Add temp_user as a value in the ipb_user_type field
The changes include:
- Adding temp_user as a value in the ipb_user_type field in the
trust_safety_block_daily
schema. - Adding temp_user as a value in the ipb_user_type field in the
trust_safety_block_monthly
schema. - Updating COMMENT for table creation.
- Making a few minor formatting adjustments.
Test Approach
Since the temp account is only available on testWiki, while the HQL queries target non-testWiki, I performed testing in two steps:
-
Tested the change of the regular expression on testWiki using the command below.
WITH t_b AS ( SELECT TO_DATE(TO_TIMESTAMP(log_timestamp,'yyyyMMddHHmmss')) AS date_time, wiki_db, log_action, log_title, -- If sitewide is 0, it's a partial block. If log_params is empty, it's a sitewide block.

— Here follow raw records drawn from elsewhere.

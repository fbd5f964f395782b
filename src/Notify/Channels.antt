-- ===== src/Notify/Channels.antt =====
-- internal/notify/channels.go: the operations on channels. `now` is the reading of the evaluator's
-- clock.
use go_tangra_notification.Prelude.{
  ℕ, Bool, true, false, Option, none, some, List, [], ◌∷◌, String, len, ◌&&◌, ◌||◌, not,
  if◌then◌else◌, ◌==◌, nat_eq, ltb, strp, Result, ok, err, Err, invalid, channel_type, pure,
  renaming, bind_result, map_result, ◌>>=◌, ◌>>◌,
}
use go_tangra_notification.Store.{Channel}
use go_tangra_notification.Memstore.{Store}
use go_tangra_notification.Memstore.Grants.{get_channel}
use go_tangra_notification.Memstore.Channels.{list_channels, clear_default_channel}
use go_tangra_notification.World.{Act, Event, Mail, st, ask, draw_seed}
use go_tangra_notification.Authz.Decide.{Subjects, Permissions, actor_kind, actor_id}
use go_tangra_notification.Authz.Check.{require, set_tenant_use}
use go_tangra_notification.Notify.Envelope.{seal, unseal}
use go_tangra_notification.Notify.Settings.{Settings, Codec, encode, decode, redact, associated}

-- Why a delivery failed: its text, and how channel.Retryable classifies it.
pub record Failure : Type 0 where
  pub reason : String
  pub no_provider : Bool
  pub retryable : Bool

-- The registry of providers (internal/channel) and the platform's own relay, if it is set. The flag
-- tells the platform's provider from the registry's. `send` is given the number of mails before it.
pub record Providers : Type 0 where
  pub known : String → Bool
  pub platform : Bool
  pub validate : Bool → String → Settings → Option String
  pub secrets : String → List String
  pub send : ℕ → Settings → Mail → Option Failure

abbrev pub valid_type : String → Bool
valid_type t = t == "email" || t == "sms" || t == "slack" || t == "sse"

-- `settings` is none where the request has no settings object.
pub record ChannelInput : Type 0 where
  pub name : String
  pub kind : String
  pub settings : Option Settings
  pub enabled : Bool
  pub is_default : Bool

pub record ChannelView : Type 0 where
  pub id : String
  pub name : String
  pub kind : String
  pub settings : Settings
  pub enabled : Bool
  pub is_default : Bool
  pub managed : Bool
  pub template_count : ℕ
  pub created_by : String
  pub updated_by : String
  pub created_at : ℕ
  pub updated_at : ℕ
  pub permissions : Permissions

-- Configuration owns a managed channel: only read and use remain.
unfoldable pub shown_permissions : Bool → Permissions → Permissions
shown_permissions managed p =
    if managed then record p { write = false; delete = false; share = false } else p

unfoldable pub channel_view : Channel → Settings → Permissions → ChannelView
unfolding shown_permissions
channel_view row shown p = record {
  id = row.id;
  name = row.name;
  kind = row.kind;
  settings = shown;
  enabled = row.enabled;
  is_default = row.is_default;
  managed = row.managed;
  template_count = row.template_count;
  created_by = strp row.created_by;
  updated_by = strp row.updated_by;
  created_at = row.created_at;
  updated_at = row.updated_at;
  permissions = shown_permissions row.managed p;
}

unfoldable pub channel_event : String → Subjects → String → Event
channel_event kind s id = record {
  kind = kind;
  tenant_id = s.tenant_id;
  actor_kind = actor_kind s;
  actor_id = actor_id s;
  subject_kind = "channel";
  subject_id = id;
  outcome = "ok";
  reason = "";
}

abbrev pub or_empty : Result Settings → Settings
or_empty (ok s) = s
or_empty (err e) = []

module _ (p : Providers) where
  unfoldable pub validate_channel : ChannelInput → Result Settings
  validate_channel i =
      if nat_eq (len i.name) 0 || ltb 100 (len i.name)
      then err (invalid "name must be 1-100 characters" "name")
      else if not (valid_type i.kind)
      then err (invalid "unknown channel type" "type")
      else elim i.settings [
        | none ↦ err (invalid "settings are required" "settings")
        | some s ↦
            if not (p.known i.kind)
            then err (invalid "unknown channel type" "type")
            else elim (p.validate false i.kind s) [
              | some e ↦ err (invalid e "settings")
              | none ↦ ok s
            ]
      ]

  -- Which provider a row's messages go through: the platform's own, or the registry's.
  unfoldable pub provider : Channel → Result Bool
  provider row =
      if row.managed && row.kind == "email" && p.platform
      then ok true
      else if p.known row.kind
      then ok false
      else err channel_type

abbrev pub too_big : Err → Err
too_big e = invalid "settings exceed 8 KiB" "settings"

module _ (c : Codec) (p : Providers) where
  -- The sealed settings and the settings that may be shown.
  unfoldable pub seal_settings : String → String → Settings → Act (List ℕ × List ℕ)
  seal_settings id kind s = do
    clear ← renaming too_big (ask (λ _. encode c s))
    seed ← draw_seed
    blob ← ask (λ _. seal c seed clear (associated id))
    shown ← ask (λ _. encode c (redact s (p.secrets kind)))
    pure (blob, shown)

  unfoldable pub open_settings : Channel → Result Settings
  open_settings row =
      bind_result (unseal c row.settings_sealed (associated row.id)) (λ clear. decode c clear)

  unfoldable pub redacted : Channel → Settings
  redacted row = or_empty (decode c row.settings_public)

  unfoldable pub get : Subjects → String → ℕ → Act ChannelView
  get s id now = do
    d ← require s "channel" id "read" now
    row ← ask (get_channel s.tenant_id id)
    pure (channel_view row (redacted row) d.permissions)

  -- The row, its clear settings, and whether the platform's provider sends for it.
  unfoldable pub resolve : String → String → Store → Result (Channel × Settings × Bool)
  resolve tid id m =
      bind_result (get_channel tid id m) (λ row.
        bind_result (open_settings row) (λ s. map_result (λ b. (row, s, b)) (provider p row)))

module _ (new_id : ℕ → String) (lower : String → String) where
  -- The tenant-wide use grants of the previous defaults go.
  unfoldable pub drop_uses : String → String → List Channel → Act (Unit {0})
  drop_uses tid id [] = pure tt
  drop_uses tid id (x ∷ xs) = do
    if x.is_default && not (x.id == id) then set_tenant_use new_id tid x.id false else pure tt
    drop_uses tid id xs

  unfoldable pub move_default : String → String → String → Act (Unit {0})
  move_default tid kind id = do
    previous ← ask (list_channels lower tid kind "" 1000)
    drop_uses tid id previous
    st (clear_default_channel tid kind id)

CASE WHEN log_params regexp '\"sitewide\"\;b:0' THEN 'partial' ELSE 'sitewide' END AS block_type, CASE WHEN log_title regexp '.*\/.*' THEN 'ip_range' WHEN log_title regexp '.*[\.:].*' THEN 'ip_single' WHEN log_title regexp '^[~]2' THEN 'temp_user' ELSE 'register_user' END AS ipb_user_type FROM wmf_raw.mediawiki_logging WHERE snapshot ='2024-08' AND log_type = 'block' AND wiki_db='testwiki' AND log_action IN ('block','reblock','unblock') AND TO_TIMESTAMP(log_timestamp,'yyyyMMddHHmmss') >= TO_TIMESTAMP('2024-08') AND TO_TIMESTAMP(log_timestamp,'yyyyMMddHHmmss') < TO_TIMESTAMP('2024-08') + INTERVAL 1 MONTH ) SELECT t_b.date_time, t_b.wiki_db, t_b.log_action, t_b.block_type, t_b.ipb_user_type, COUNT(1) AS blocks, COUNT(DISTINCT t_b.log_title) AS user_or_ip_blocked FROM t_b GROUP BY t_b.date_time, t_b.wiki_db,t_b.log_action, t_b.block_type,t_b.ipb_user_type
-
Tested the final HQL on all non-TestWiki environments using the following commands.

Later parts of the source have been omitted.